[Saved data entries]
BEGIN

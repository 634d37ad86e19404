-- ===== src/Banking/Transfer/Invariant.antt =====
-- A transfer that succeeds keeps the books consistent.
use monierave.Base.{
  neg64_back, positive_Negatable, String, ◌≡◌, refl, false, none, ℤ, pos, ◌+ℤ◌, ◌≤ℤ◌, ltb_ℤ,
  max_int64, neg64, neg64_opposite, arith, by_key-of_found, or_false, List, subst, sym, ◌∙◌, ap,
  some_eq, UniqueKeys,
}
use monierave.Models.{Account, TransferTxResult, is_closed, BankingTransaction}
use monierave.Models.Tables.{Db}
use monierave.Store.{ok}
use monierave.Queries.Ledger.{
  transaction_by_id, transaction_violation, TransactionParams, holds_for,
}
use monierave.Books.Invariant.{IsConsistent, account_key, ledger_key}
use monierave.Books.Credits.{
  only, after_credit, AccountsMoved, AccountsMoved-trans, AccountsMoved-after_credit,
  SoundBalances-after_credit, UniqueKeys-after_credit, account_by_id-covered,
}
use monierave.Books.Posts.{LedgersMoved-trans, LedgersMoved-customer}
use monierave.Books.Movement.{IsConsistent-moved}
use monierave.Banking.Transfer.{TransferTxParams, transfer_limits}
use monierave.Banking.Transfer.Effect.{TransferEffect, debit_row, credit_row, transfer_row}

pub transaction_by_id-of_violation :
    (p : TransactionParams) (rows : List BankingTransaction)
    → transaction_violation p rows ≡ none
    → transaction_by_id p.id rows ≡ none
unfolding transaction_violation
transaction_by_id-of_violation p rows h = ground arith

pub limits_per : (c : String) (x y : ℤ) → transfer_limits c ≡ ok (x, y) → x ≡ pos 1_000_000
unfolding transfer_limits
limits_per c x y h = ground arith

module _ {p : TransferTxParams} {d : Db} {r : TransferTxResult} {d' : Db}
    (t : TransferEffect p d r d') where
  open t use {
    from, to, locked, both_open, per_transfer_limit, daily_limit, limits, within_limit, from_ledger,
    from_ledger_row, to_ledger, to_ledger_row, positive, id, hex, fresh, debited, debited_row,
    credited_to, credited_row, books,
  }

  pub amount_in_range : p.amount ≤ℤ max_int64
  amount_in_range =
      let e = limits_per p.currency per_transfer_limit daily_limit limits in
      let w = subst (λ x. ltb_ℤ x p.amount ≡ false) e within_limit in ground arith

  pub opposite_amounts : neg64 p.amount +ℤ p.amount ≡ pos 0
  opposite_amounts = neg64_opposite p.amount positive amount_in_range

  module _ (c : IsConsistent d.books) where
    open c use {unique_accounts, unique_ledgers, sound}

    -- The account debited is the one that was locked, and so is the account credited, up to its
    -- balance.
    pub debited-eq-from : debited ≡ from
    debited-eq-from = some_eq (
        sym (
          account_by_id-covered from.id (neg64 p.amount) d.clock d.accounts debited unique_accounts
            debited_row)
        ∙ locked.from_row)

    debit_moved :
        AccountsMoved
          (only from.id (neg64 p.amount))
          d.accounts
          (after_credit from.id (neg64 p.amount) d.clock d.accounts)
    debit_moved =
        AccountsMoved-after_credit from.id (neg64 p.amount) d.clock d.accounts debited
          unique_accounts debited_row

    unique_after_debit :
        UniqueKeys account_key (after_credit from.id (neg64 p.amount) d.clock d.accounts)
    unique_after_debit =
        UniqueKeys-after_credit from.id (neg64 p.amount) d.clock d.accounts unique_accounts

    debited_open : is_closed debited.status ≡ false
    debited_open =
        subst (λ (a : Account). is_closed a.status ≡ false) (sym debited-eq-from)
          (or_false (is_closed from.status) _ both_open).0

    credited_open : is_closed credited_to.status ≡ false
    credited_open =
        let (b, eb, _, same) = debit_moved to.id credited_to (
          account_by_id-covered to.id p.amount d.clock _ credited_to unique_after_debit
            credited_row) in
        ap is_closed same
        ∙ subst (λ (a : Account). is_closed a.status ≡ false) (some_eq (sym locked.to_row ∙ eb))
            (or_false (is_closed from.status) _ both_open).1

    pub transfer-IsConsistent : IsConsistent d'.books
    transfer-IsConsistent = subst IsConsistent (sym books) (
        IsConsistent-moved d.books d.clock (transfer_row p d from to from_ledger to_ledger id hex)
          (debit_row p d from to from_ledger to_ledger id hex)
          (credit_row p d from to from_ledger to_ledger id hex) _ _ c _
          (AccountsMoved-trans _ _ d.accounts _ _ debit_moved (
            AccountsMoved-after_credit to.id p.amount d.clock _ credited_to unique_after_debit
              credited_row))
          _ from_ledger to_ledger (λ n. refl)
          (UniqueKeys-after_credit to.id p.amount d.clock _ unique_after_debit)
          (SoundBalances-after_credit to.id p.amount d.clock _ credited_to unique_after_debit
            credited_row credited_open
            (SoundBalances-after_credit from.id (neg64 p.amount) d.clock _ debited unique_accounts
              debited_row debited_open sound))
          (LedgersMoved-trans (only from.id (neg64 p.amount)) (only to.id p.amount)
            d.ledger_accounts _ _ _
            (LedgersMoved-customer d.ledger_accounts unique_ledgers d.postings _ from.id from_ledger
              from_ledger_row refl)
            (LedgersMoved-customer d.ledger_accounts unique_ledgers _ _ to.id to_ledger
              to_ledger_row refl))
          (transaction_by_id-of_violation _ d.transactions fresh) refl refl refl refl
          opposite_amounts
          (neg64_back p.amount (positive_Negatable p.amount positive amount_in_range)).0
          (positive_Negatable p.amount positive amount_in_range)
          (by_key-of_found ledger_key (holds_for from.id) d.ledger_accounts from_ledger
            unique_ledgers from_ledger_row)
          (by_key-of_found ledger_key (holds_for to.id) d.ledger_accounts to_ledger unique_ledgers
            to_ledger_row))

END

WHAT NEEDS TO BE DONE: Every entry must be repeated exactly; none may be skipped.

SOLUTION:
repository 634d37ad86e19404
-- ===== src/Banking/Transfer/Invariant.antt =====
-- A transfer that succeeds keeps the books consistent.
use monierave.Base.{
  neg64_back, positive_Negatable, String, ◌≡◌, refl, false, none, ℤ, pos, ◌+ℤ◌, ◌≤ℤ◌, ltb_ℤ,
  max_int64, neg64, neg64_opposite, arith, by_key-of_found, or_false, List, subst, sym, ◌∙◌, ap,
  some_eq, UniqueKeys,
}
use monierave.Models.{Account, TransferTxResult, is_closed, BankingTransaction}
use monierave.Models.Tables.{Db}
use monierave.Store.{ok}
use monierave.Queries.Ledger.{
  transaction_by_id, transaction_violation, TransactionParams, holds_for,
}
use monierave.Books.Invariant.{IsConsistent, account_key, ledger_key}
use monierave.Books.Credits.{
  only, after_credit, AccountsMoved, AccountsMoved-trans, AccountsMoved-after_credit,
  SoundBalances-after_credit, UniqueKeys-after_credit, account_by_id-covered,
}
use monierave.Books.Posts.{LedgersMoved-trans, LedgersMoved-customer}
use monierave.Books.Movement.{IsConsistent-moved}
use monierave.Banking.Transfer.{TransferTxParams, transfer_limits}
use monierave.Banking.Transfer.Effect.{TransferEffect, debit_row, credit_row, transfer_row}

pub transaction_by_id-of_violation :
    (p : TransactionParams) (rows : List BankingTransaction)
    → transaction_violation p rows ≡ none
    → transaction_by_id p.id rows ≡ none
unfolding transaction_violation
transaction_by_id-of_violation p rows h = ground arith

pub limits_per : (c : String) (x y : ℤ) → transfer_limits c ≡ ok (x, y) → x ≡ pos 1_000_000
unfolding transfer_limits
limits_per c x y h = ground arith

module _ {p : TransferTxParams} {d : Db} {r : TransferTxResult} {d' : Db}
    (t : TransferEffect p d r d') where
  open t use {
    from, to, locked, both_open, per_transfer_limit, daily_limit, limits, within_limit, from_ledger,
    from_ledger_row, to_ledger, to_ledger_row, positive, id, hex, fresh, debited, debited_row,
    credited_to, credited_row, books,
  }

  pub amount_in_range : p.amount ≤ℤ max_int64
  amount_in_range =
      let e = limits_per p.currency per_transfer_limit daily_limit limits in
      let w = subst (λ x. ltb_ℤ x p.amount ≡ false) e within_limit in ground arith

  pub opposite_amounts : neg64 p.amount +ℤ p.amount ≡ pos 0
  opposite_amounts = neg64_opposite p.amount positive amount_in_range

  module _ (c : IsConsistent d.books) where
    open c use {unique_accounts, unique_ledgers, sound}

    -- The account debited is the one that was locked, and so is the account credited, up to its
    -- balance.
    pub debited-eq-from : debited ≡ from
    debited-eq-from = some_eq (
        sym (
          account_by_id-covered from.id (neg64 p.amount) d.clock d.accounts debited unique_accounts
            debited_row)
        ∙ locked.from_row)

    debit_moved :
        AccountsMoved
          (only from.id (neg64 p.amount))
          d.accounts
          (after_credit from.id (neg64 p.amount) d.clock d.accounts)
    debit_moved =
        AccountsMoved-after_credit from.id (neg64 p.amount) d.clock d.accounts debited
          unique_accounts debited_row

    unique_after_debit :
        UniqueKeys account_key (after_credit from.id (neg64 p.amount) d.clock d.accounts)
    unique_after_debit =
        UniqueKeys-after_credit from.id (neg64 p.amount) d.clock d.accounts unique_accounts

    debited_open : is_closed debited.status ≡ false
    debited_open =
        subst (λ (a : Account). is_closed a.status ≡ false) (sym debited-eq-from)
          (or_false (is_closed from.status) _ both_open).0

    credited_open : is_closed credited_to.status ≡ false
    credited_open =
        let (b, eb, _, same) = debit_moved to.id credited_to (
          account_by_id-covered to.id p.amount d.clock _ credited_to unique_after_debit
            credited_row) in
        ap is_closed same
        ∙ subst (λ (a : Account). is_closed a.status ≡ false) (some_eq (sym locked.to_row ∙ eb))
            (or_false (is_closed from.status) _ both_open).1

    pub transfer-IsConsistent : IsConsistent d'.books
    transfer-IsConsistent = subst IsConsistent (sym books) (
        IsConsistent-moved d.books d.clock (transfer_row p d from to from_ledger to_ledger id hex)
          (debit_row p d from to from_ledger to_ledger id hex)
          (credit_row p d from to from_ledger to_ledger id hex) _ _ c _
          (AccountsMoved-trans _ _ d.accounts _ _ debit_moved (
            AccountsMoved-after_credit to.id p.amount d.clock _ credited_to unique_after_debit
              credited_row))
          _ from_ledger to_ledger (λ n. refl)
          (UniqueKeys-after_credit to.id p.amount d.clock _ unique_after_debit)
          (SoundBalances-after_credit to.id p.amount d.clock _ credited_to unique_after_debit
            credited_row credited_open
            (SoundBalances-after_credit from.id (neg64 p.amount) d.clock _ debited unique_accounts
              debited_row debited_open sound))
          (LedgersMoved-trans (only from.id (neg64 p.amount)) (only to.id p.amount)
            d.ledger_accounts _ _ _
            (LedgersMoved-customer d.ledger_accounts unique_ledgers d.postings _ from.id from_ledger
              from_ledger_row refl)
            (LedgersMoved-customer d.ledger_accounts unique_ledgers _ _ to.id to_ledger
              to_ledger_row refl))
          (transaction_by_id-of_violation _ d.transactions fresh) refl refl refl refl
          opposite_amounts
          (neg64_back p.amount (positive_Negatable p.amount positive amount_in_range)).0
          (positive_Negatable p.amount positive amount_in_range)
          (by_key-of_found ledger_key (holds_for from.id) d.ledger_accounts from_ledger
            unique_ledgers from_ledger_row)
          (by_key-of_found ledger_key (holds_for to.id) d.ledger_accounts to_ledger unique_ledgers
            to_ledger_row))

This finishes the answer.